フルメタルアルケミストじゃなくてバロン王国の竜騎士団の方だ。
確かに流れで行くと金髪で碧眼で勇者っぽい方になるのかもしれないけど、こっちだ。
最近はうすうす「あれ?アルフォンスの方が主人公っぽくね?」と思い始めてはいるが、こっちだ。
何となくアルフォンスの能力は底が知れない。
いまだに母親のエリーゼにべったりではあるが、潜在的に大きな力を感じるのだ。
そうドラゴン○ールのゴハンみたいな感じ。
オレはデオワルド家に産まれた。
父親は村で一番有力な商人のカイン。
こいつがなかなかな切れ者で、はっきり言って開拓も遅れているようなこの村で、
よくここまで先の事を考えて行動できるなと感心するほどだ。
特に情報を手に入れて取捨選択が非常に上手で、多分こいつはリンゴの会社とかで働けちゃうタイプ。
そして意外なことに結構子煩悩だったりする。
隣町に商売に行った日も、別にそのまま現地で一泊してもいいのに、
せかせか急いで帰ってくる、しかも子供が喜びそうな絵本やおもちゃを小脇に携えて。
普段無口なくせに、そういう姿を見るとかわいらしくてとてもホッコリしてしまう。
しかしオレがあまり親にべったりしないので、カインはいまいち満足できないためかソワソワしてる。
カインの買ってくる絵本は特に勉強になった。
大抵この世界の昔話等の伝記をデフォルメしているのが絵本であり、
文字の書き方も子供向けにしてあるため非常にわかりやすかった。
絵本はそれなりに高価なものではあるがカインは出かけるたびに買ってきてくれる。
オレが熱中して読んでいるのを見て、ここぞと言わんばかりに甘やかしてくれるのだろう。

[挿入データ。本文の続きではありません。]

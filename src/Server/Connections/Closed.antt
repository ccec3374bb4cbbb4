-- ===== src/Server/Connections/Closed.antt =====
-- How often the connection thread closes its socket.
use kierki_sik.Prelude.{
  ℕ, suc, ◌+◌, ◌≤◌, ◌≡◌, ◌≢◌, refl, subst, ◌∙◌, List, [], ◌∷◌, ◌++◌, Bool, true, false, none, some,
  Bytes, codes, if◌then◌else◌, ◌==◌, All, arith, same,
}
use kierki_sik.Server.{
  World, Event, sent, notified, closed, reported, emit, close_thread, end_signal, disconnected,
  report_error, answer, later, notify, seat_index,
}
use kierki_sik.Server.Poll.{FromServer, silent, pipe_closed, pipe_failed, pipe_error, order}
use kierki_sik.Prelude.Int.{pos}
use kierki_sik.Server.Connections.{
  listening, Incoming, nobody, socket_error, connection, Watched, poll_failed, ready, Listener,
  Watch, watching, returned, and_then, heed_socket, heed_server, watch_round, watch,
  handle_connections,
}

-- How often the descriptor `s` is closed.
unfoldable pub times_closed : ℕ → List Event → ℕ
times_closed s [] = 0
times_closed s (closed fd ∷ es) = let rest = times_closed s es in if fd == s then suc rest else rest
times_closed s (e ∷ es) = times_closed s es

times_closed-append :
    (s : ℕ) (xs ys : List Event) → times_closed s (xs ++ ys) ≡ times_closed s xs + times_closed s ys
unfolding times_closed
times_closed-append s [] ys = omega arith
times_closed-append s (closed fd ∷ xs) ys = ground (arith, times_closed-append s xs ys)
times_closed-append s (sent fd m ∷ xs) ys = times_closed-append s xs ys
times_closed-append s (e ∷ xs) ys = times_closed-append s xs ys

-- From `w` to `v` the socket `s`, the thread's own, is closed `n` times.
pub record Closings (s n : ℕ) (w v : World) : Type 0 where
  pub counted : times_closed s v.events ≡ times_closed s w.events + n
  pub own : v.client.client_fd ≡ w.client.client_fd

next-Closings :
    {s m n : ℕ} {w v u : World} → Closings s m w v → Closings s n v u → Closings s (m + n) w u
next-Closings p q = record { counted = omega (arith, p.counted, q.counted); own = q.own ∙ p.own }

nothing_closed : (s : ℕ) (w : World) → Closings s 0 w w
nothing_closed s w = record { counted = omega arith; own = refl }

said : (s : ℕ) (message : Bytes) (w : World) → Closings s 0 w (emit (reported message) w)
unfolding times_closed
said s message w = record {
  counted = times_closed-append s w.events (reported message ∷ []);
  own = refl;
}

report_error-Closings :
    (s : ℕ) (message : Bytes) (w : World) → Closings s 0 w (report_error message w)
report_error-Closings s [] w = nothing_closed s w
report_error-Closings s (c ∷ message) w = said s (c ∷ message) w

chosen-Closings :
    (s : ℕ) (w : World) (a b : Bool) (x y z : World)
    → Closings s 0 w x
    → Closings s 0 w y
    → Closings s 0 w z
    → Closings s 0 w (if a then if b then x else y else z)
chosen-Closings s w true true x y z hx hy hz = hx
chosen-Closings s w true false x y z hx hy hz = hy
chosen-Closings s w false b x y z hx hy hz = hz

notify-Closings : (s : ℕ) (w : World) → Closings s 0 w (notify disconnected w)
unfolding times_closed
notify-Closings s w = record {
  counted = times_closed-append s w.events (notified (seat_index w.client.seat) disconnected ∷ []);
  own = refl;
}

own-Closings : (s fd : ℕ) (w : World) → fd ≡ s → Closings s 1 w (emit (closed fd) w)
unfolding times_closed
own-Closings s fd w e = record {
  counted = times_closed-append s w.events (closed fd ∷ []) ∙ ground (arith, e);
  own = refl;
}

other-Closings : (s fd : ℕ) (w : World) → fd ≢ s → Closings s 0 w (emit (closed fd) w)
unfolding times_closed
other-Closings s fd w h = record {
  counted = times_closed-append s w.events (closed fd ∷ []) ∙ ground (arith, h);
  own = refl;
}

unheard-Closings :
    (s : ℕ) (message : Bytes) (w : World)
    → Closings s 0 w (emit (reported message) (record w { answers = later w.answers }))
unheard-Closings s message w =
    let p = said s message w in record { counted = p.counted; own = p.own }

close_thread-Closings :
    (s : ℕ) (message : Bytes) (w : World)
    → w.client.client_fd ≡ s
    → Closings s 1 w (close_thread message false false w)
unfolding close_thread
close_thread-Closings s message w e =
    let reporting = report_error-Closings s message w in
    let telling =
      chosen-Closings s (report_error message w) (same w.client.seat (codes "K"))
        (answer (report_error message w).answers) _ _ _ (notify-Closings s (report_error message w))
        (unheard-Closings s (codes "Failed to notify server.") (report_error message w))
        (nothing_closed s (report_error message w)) in
    next-Closings reporting (next-Closings telling (own-Closings s w.client.client_fd _ e))

-- No client gets the listening socket's descriptor.
abbrev pub IsApart : ℕ → Watched → Type 0
IsApart s (ready (connection (some fd) thrown) told) = fd ≢ s
IsApart s _ = Unit {0}

-- The calls of `accept` that fail.
abbrev pub failures : Watched → ℕ
failures (ready (connection none thrown) told) = 1
failures _ = 0

abbrev pub all_failures : List Watched → ℕ
all_failures [] = 0
all_failures (p ∷ ps) = failures p + all_failures ps

-- How far a part of the loop with `n` failures of `accept` gets.
abbrev pub Ends : ℕ → ℕ → World → Watch → Type 0
Ends s n w (watching l) = Closings s n w l.world
Ends s n w (returned l) = (k : ℕ) × Closings s (suc k) w l.world × (k ≤ n)

heed_socket-Ends :
    (s : ℕ) (incoming : Incoming) (told : FromServer) (l : Listener)
    → l.world.client.client_fd ≡ s
    → IsApart s (ready incoming told)
    → Ends s (failures (ready incoming told)) l.world (heed_socket incoming l)
unfolding heed_socket
heed_socket-Ends s nobody told l e h = nothing_closed s l.world
heed_socket-Ends s socket_error told l e h =
    (0, close_thread-Closings s (codes "Poll error on server socket.") l.world e, omega arith)
heed_socket-Ends s (connection none thrown) told l e h =
    close_thread-Closings s (codes "Failed to accept connection.") l.world e
heed_socket-Ends s (connection (some fd) none) told l e h = nothing_closed s l.world
heed_socket-Ends s (connection (some fd) (some what)) told l e h = (
  0,
  next-Closings (close_thread-Closings s what l.world e) (other-Closings s fd _ h),
  omega arith,
)

heed_server-Ends :
    (s : ℕ) (told : FromServer) (l : Listener)
    → l.world.client.client_fd ≡ s
    → Ends s 0 l.world (heed_server told l)
unfolding heed_server
heed_server-Ends s silent l e = nothing_closed s l.world
heed_server-Ends s pipe_closed l e =
    (0, close_thread-Closings s (codes "Server disconnected (pipe closed).") l.world e, omega arith)
heed_server-Ends s pipe_failed l e =
    (0, close_thread-Closings s (codes "Failed to read from server pipe.") l.world e, omega arith)
heed_server-Ends s pipe_error l e =
    (0, close_thread-Closings s (codes "Poll error on server pipe.") l.world e, omega arith)
heed_server-Ends s (order disconnected) l e =
    (0, own-Closings s l.world.client.client_fd l.world e, omega arith)
heed_server-Ends s (order end_signal) l e =
    (0, own-Closings s l.world.client.client_fd l.world e, omega arith)
heed_server-Ends s (order _) l e = (
  0,
  next-Closings (said s (codes "Server send invalid message.") l.world)
      (own-Closings s l.world.client.client_fd _ e),
  omega arith,
)

and_then-Ends :
    (s m n : ℕ) (w : World) (x : Watch) (f : Listener → Watch)
    → w.client.client_fd ≡ s
    → Ends s m w x
    → ((l : Listener) → l.world.client.client_fd ≡ s → Ends s n l.world (f l))
    → Ends s (m + n) w (and_then x f)
and_then-Ends s m n w (watching l) f e p q = join (f l) (q l (p.own ∙ e))
  where
    next : (k : ℕ) → m + suc k ≡ suc (m + k)
    next k = omega arith

    join : (y : Watch) → Ends s n l.world y → Ends s (m + n) w y
    join (watching o) r = next-Closings p r
    join (returned o) (k, r, b) =
        (m + k, subst (λ c. Closings s c w o.world) (next k) (next-Closings p r), omega arith)
and_then-Ends s m n w (returned l) f e (k, p, b) q = (k, p, omega arith)

watch_round-Ends :
    (s : ℕ) (polled : Watched) (l : Listener)
    → l.world.client.client_fd ≡ s
    → IsApart s polled
    → Ends s (failures polled) l.world (watch_round polled l)
unfolding watch_round
watch_round-Ends s poll_failed l e h =
    (0, close_thread-Closings s (codes "Failed to poll.") l.world e, omega arith)
watch_round-Ends s (ready incoming told) l e h =
    subst (λ n. Ends s n l.world (and_then (heed_socket incoming l) (heed_server told)))
      (omega arith)
      (and_then-Ends s (failures (ready incoming told)) 0 l.world (heed_socket incoming l)
        (heed_server told) e (heed_socket-Ends s incoming told l e h) (heed_server-Ends s told))

watch-Ends :
    (s : ℕ) (polls : List Watched) (l : Listener)
    → l.world.client.client_fd ≡ s
    → All (IsApart s) polls
    → Ends s (all_failures polls) l.world (watch polls l)
unfolding watch
watch-Ends s [] l e h = nothing_closed s l.world
watch-Ends s (polled ∷ rest) l e h =
    and_then-Ends s (failures polled) (all_failures rest) l.world (watch_round polled l)
      (watch rest) e (watch_round-Ends s polled l e h.0) (λ m d. watch-Ends s rest m d h.1)

-- Whatever `poll`, `accept`, the pipe and the creation of threads do, a connection thread that has
-- returned has closed its socket: once, or once more for some calls of `accept` that failed, after
-- which it goes on with the closed descriptor. While it runs it has closed it once for each of them,
-- so not at all if they succeed. No client gets the descriptor of the socket.
pub handle_connections-Ends :
    (s : ℕ) (polls : List Watched) (l : Listener)
    → All (IsApart s) polls
    → Ends s (all_failures polls) (listening s l).world (handle_connections (pos s) polls l)
unfolding handle_connections
handle_connections-Ends s polls l h = watch-Ends s polls (listening s l) refl h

最近では、率先して少しカインに甘えてみるようにしている。
甘えたその日は自分の部屋で鼻歌を歌っている事は本人のために心の奥にしまっておこう。
それよりも母親のリーズレットだ。
彼女はカインとエドワードの幼馴染らしい、平凡な家庭出身の女性だ。
母親っていうといまいちピンとこないが、多分代前半くらいだろう、
髪は少し桃色でゆるりとふわりとしている、そうゆるふわだ。
小さな口からは白い犬歯がちらりと光る。
ハッキリ言って、とっても可愛い!!
幼い顔つきに似合わずちょっと強気な態度、
どこか愛嬌がある小悪魔なところがなお可愛い!!
特にオレが少し甘える素振りを見せると簡単にデレてくれる。
しかも合法的にオレはリーズレットの胸に顔を埋められる、
というか乳幼児のころなんて吸うこともできたのだから。
しかし、そんな夢のような状態でおかしなことに気付いた。
それは興奮しないことだった。
もちろん触りたい吸いたいという欲望に駆られはしたのだが、
興奮するというより、安心する方が強かった。
なんだか非常にもったいない気がした。
オレの男としての大いなる力が無くなってしまったのかと不安にもなった。
もしかして転生してやれやれ系男子になってしまったのだろうか?
自身の不甲斐なさにむせび泣くこともあった。(1歳にも満たない時だが。)
しかし、そんなオレを救ってくれた存在がいた。
それは大人の雰囲気をもった聖母様いやメイド様だった。
メイド様の大きな胸に顔を埋める機会があったときかなり興奮した、興奮が全く抑えきれなかった。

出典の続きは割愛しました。